**What you should do**: Write out every entry once more, character for character.

(Collected data)
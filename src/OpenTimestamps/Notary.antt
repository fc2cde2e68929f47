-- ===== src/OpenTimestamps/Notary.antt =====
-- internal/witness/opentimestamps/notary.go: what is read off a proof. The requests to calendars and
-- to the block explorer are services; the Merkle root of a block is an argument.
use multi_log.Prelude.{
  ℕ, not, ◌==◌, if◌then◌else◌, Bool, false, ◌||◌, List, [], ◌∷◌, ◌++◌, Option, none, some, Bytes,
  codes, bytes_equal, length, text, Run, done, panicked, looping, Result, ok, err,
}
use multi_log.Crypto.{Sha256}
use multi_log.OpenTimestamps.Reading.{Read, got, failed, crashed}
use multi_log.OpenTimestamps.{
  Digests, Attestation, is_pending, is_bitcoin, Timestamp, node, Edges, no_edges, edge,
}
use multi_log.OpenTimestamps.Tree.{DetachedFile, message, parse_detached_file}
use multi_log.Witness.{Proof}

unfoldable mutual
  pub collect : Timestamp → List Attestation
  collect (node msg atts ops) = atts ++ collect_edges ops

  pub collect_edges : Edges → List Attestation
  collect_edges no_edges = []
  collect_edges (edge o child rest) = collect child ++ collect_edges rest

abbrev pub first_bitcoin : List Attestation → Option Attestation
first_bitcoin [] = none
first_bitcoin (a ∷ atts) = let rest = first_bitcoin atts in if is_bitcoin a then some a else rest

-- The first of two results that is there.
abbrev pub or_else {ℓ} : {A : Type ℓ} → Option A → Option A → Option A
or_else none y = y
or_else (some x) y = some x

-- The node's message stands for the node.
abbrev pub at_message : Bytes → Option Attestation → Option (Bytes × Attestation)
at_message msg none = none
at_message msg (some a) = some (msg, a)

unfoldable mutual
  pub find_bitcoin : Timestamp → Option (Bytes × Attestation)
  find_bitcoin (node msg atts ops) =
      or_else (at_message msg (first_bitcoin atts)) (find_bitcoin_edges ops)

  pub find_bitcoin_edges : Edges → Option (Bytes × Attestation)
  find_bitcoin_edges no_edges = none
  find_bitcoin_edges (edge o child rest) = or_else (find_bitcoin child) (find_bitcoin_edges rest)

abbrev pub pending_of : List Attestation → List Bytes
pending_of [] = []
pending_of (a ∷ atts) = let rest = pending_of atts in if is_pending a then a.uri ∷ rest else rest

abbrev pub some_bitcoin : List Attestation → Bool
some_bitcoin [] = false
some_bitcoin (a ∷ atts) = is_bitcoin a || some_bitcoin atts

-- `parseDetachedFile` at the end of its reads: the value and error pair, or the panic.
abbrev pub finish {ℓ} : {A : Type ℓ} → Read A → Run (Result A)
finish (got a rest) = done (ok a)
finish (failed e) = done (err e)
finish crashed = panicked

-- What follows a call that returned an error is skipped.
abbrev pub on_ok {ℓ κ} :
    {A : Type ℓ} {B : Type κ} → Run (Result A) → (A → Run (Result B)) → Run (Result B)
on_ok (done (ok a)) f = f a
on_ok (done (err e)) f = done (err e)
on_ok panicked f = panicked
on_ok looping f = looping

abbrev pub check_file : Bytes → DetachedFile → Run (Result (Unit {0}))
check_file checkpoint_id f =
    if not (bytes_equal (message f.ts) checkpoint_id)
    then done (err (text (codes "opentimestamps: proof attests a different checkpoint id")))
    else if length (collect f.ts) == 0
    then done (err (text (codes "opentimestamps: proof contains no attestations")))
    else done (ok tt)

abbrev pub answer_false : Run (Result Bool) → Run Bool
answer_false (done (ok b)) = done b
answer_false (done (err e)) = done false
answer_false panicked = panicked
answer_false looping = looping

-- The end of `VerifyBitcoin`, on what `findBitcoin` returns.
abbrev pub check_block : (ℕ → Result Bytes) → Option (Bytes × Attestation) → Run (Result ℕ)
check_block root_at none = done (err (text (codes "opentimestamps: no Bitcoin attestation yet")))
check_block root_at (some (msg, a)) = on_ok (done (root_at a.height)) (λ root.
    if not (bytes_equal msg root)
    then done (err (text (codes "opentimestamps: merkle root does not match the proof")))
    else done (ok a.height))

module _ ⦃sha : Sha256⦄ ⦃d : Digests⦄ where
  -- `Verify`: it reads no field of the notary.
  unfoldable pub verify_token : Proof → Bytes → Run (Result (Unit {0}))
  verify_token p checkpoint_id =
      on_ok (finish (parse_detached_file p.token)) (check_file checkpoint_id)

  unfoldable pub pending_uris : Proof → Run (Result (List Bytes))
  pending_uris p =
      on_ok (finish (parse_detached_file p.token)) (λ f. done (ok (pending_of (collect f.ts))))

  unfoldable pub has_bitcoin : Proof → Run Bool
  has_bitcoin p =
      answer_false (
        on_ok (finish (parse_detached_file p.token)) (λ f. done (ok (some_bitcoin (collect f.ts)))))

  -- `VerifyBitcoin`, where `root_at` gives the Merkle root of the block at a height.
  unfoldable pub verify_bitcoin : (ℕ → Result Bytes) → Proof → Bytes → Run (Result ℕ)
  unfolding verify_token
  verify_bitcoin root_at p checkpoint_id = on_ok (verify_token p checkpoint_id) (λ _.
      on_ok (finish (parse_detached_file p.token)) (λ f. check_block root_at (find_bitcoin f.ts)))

**Output of the exercise**:
filename src/OpenTimestamps/Notary.antt
repository fc2cde2e68929f47
-- ===== src/OpenTimestamps/Notary.antt =====
-- internal/witness/opentimestamps/notary.go: what is read off a proof. The requests to calendars and
-- to the block explorer are services; the Merkle root of a block is an argument.
use multi_log.Prelude.{
  ℕ, not, ◌==◌, if◌then◌else◌, Bool, false, ◌||◌, List, [], ◌∷◌, ◌++◌, Option, none, some, Bytes,
  codes, bytes_equal, length, text, Run, done, panicked, looping, Result, ok, err,
}
use multi_log.Crypto.{Sha256}
use multi_log.OpenTimestamps.Reading.{Read, got, failed, crashed}
use multi_log.OpenTimestamps.{
  Digests, Attestation, is_pending, is_bitcoin, Timestamp, node, Edges, no_edges, edge,
}
use multi_log.OpenTimestamps.Tree.{DetachedFile, message, parse_detached_file}
use multi_log.Witness.{Proof}

unfoldable mutual
  pub collect : Timestamp → List Attestation
  collect (node msg atts ops) = atts ++ collect_edges ops

  pub collect_edges : Edges → List Attestation
  collect_edges no_edges = []
  collect_edges (edge o child rest) = collect child ++ collect_edges rest

abbrev pub first_bitcoin : List Attestation → Option Attestation
first_bitcoin [] = none
first_bitcoin (a ∷ atts) = let rest = first_bitcoin atts in if is_bitcoin a then some a else rest

-- The first of two results that is there.
abbrev pub or_else {ℓ} : {A : Type ℓ} → Option A → Option A → Option A
or_else none y = y
or_else (some x) y = some x

-- The node's message stands for the node.
abbrev pub at_message : Bytes → Option Attestation → Option (Bytes × Attestation)
at_message msg none = none
at_message msg (some a) = some (msg, a)

unfoldable mutual
  pub find_bitcoin : Timestamp → Option (Bytes × Attestation)
  find_bitcoin (node msg atts ops) =
      or_else (at_message msg (first_bitcoin atts)) (find_bitcoin_edges ops)

  pub find_bitcoin_edges : Edges → Option (Bytes × Attestation)
  find_bitcoin_edges no_edges = none
  find_bitcoin_edges (edge o child rest) = or_else (find_bitcoin child) (find_bitcoin_edges rest)

abbrev pub pending_of : List Attestation → List Bytes
pending_of [] = []
pending_of (a ∷ atts) = let rest = pending_of atts in if is_pending a then a.uri ∷ rest else rest

abbrev pub some_bitcoin : List Attestation → Bool
some_bitcoin [] = false
some_bitcoin (a ∷ atts) = is_bitcoin a || some_bitcoin atts

-- `parseDetachedFile` at the end of its reads: the value and error pair, or the panic.
abbrev pub finish {ℓ} : {A : Type ℓ} → Read A → Run (Result A)
finish (got a rest) = done (ok a)
finish (failed e) = done (err e)
finish crashed = panicked

-- What follows a call that returned an error is skipped.
abbrev pub on_ok {ℓ κ} :
    {A : Type ℓ} {B : Type κ} → Run (Result A) → (A → Run (Result B)) → Run (Result B)
on_ok (done (ok a)) f = f a
on_ok (done (err e)) f = done (err e)
on_ok panicked f = panicked
on_ok looping f = looping

abbrev pub check_file : Bytes → DetachedFile → Run (Result (Unit {0}))
check_file checkpoint_id f =
    if not (bytes_equal (message f.ts) checkpoint_id)
    then done (err (text (codes "opentimestamps: proof attests a different checkpoint id")))
    else if length (collect f.ts) == 0
    then done (err (text (codes "opentimestamps: proof contains no attestations")))
    else done (ok tt)

abbrev pub answer_false : Run (Result Bool) → Run Bool
answer_false (done (ok b)) = done b
answer_false (done (err e)) = done false
answer_false panicked = panicked
answer_false looping = looping

-- The end of `VerifyBitcoin`, on what `findBitcoin` returns.
abbrev pub check_block : (ℕ → Result Bytes) → Option (Bytes × Attestation) → Run (Result ℕ)
check_block root_at none = done (err (text (codes "opentimestamps: no Bitcoin attestation yet")))
check_block root_at (some (msg, a)) = on_ok (done (root_at a.height)) (λ root.
    if not (bytes_equal msg root)
    then done (err (text (codes "opentimestamps: merkle root does not match the proof")))
    else done (ok a.height))

module _ ⦃sha : Sha256⦄ ⦃d : Digests⦄ where
  -- `Verify`: it reads no field of the notary.
  unfoldable pub verify_token : Proof → Bytes → Run (Result (Unit {0}))
  verify_token p checkpoint_id =
      on_ok (finish (parse_detached_file p.token)) (check_file checkpoint_id)

  unfoldable pub pending_uris : Proof → Run (Result (List Bytes))
  pending_uris p =
      on_ok (finish (parse_detached_file p.token)) (λ f. done (ok (pending_of (collect f.ts))))

  unfoldable pub has_bitcoin : Proof → Run Bool
  has_bitcoin p =
      answer_false (
        on_ok (finish (parse_detached_file p.token)) (λ f. done (ok (some_bitcoin (collect f.ts)))))

  -- `VerifyBitcoin`, where `root_at` gives the Merkle root of the block at a height.
  unfoldable pub verify_bitcoin : (ℕ → Result Bytes) → Proof → Bytes → Run (Result ℕ)
  unfolding verify_token
  verify_bitcoin root_at p checkpoint_id = on_ok (verify_token p checkpoint_id) (λ _.
      on_ok (finish (parse_detached_file p.token)) (λ f. check_block root_at (find_bitcoin f.ts)))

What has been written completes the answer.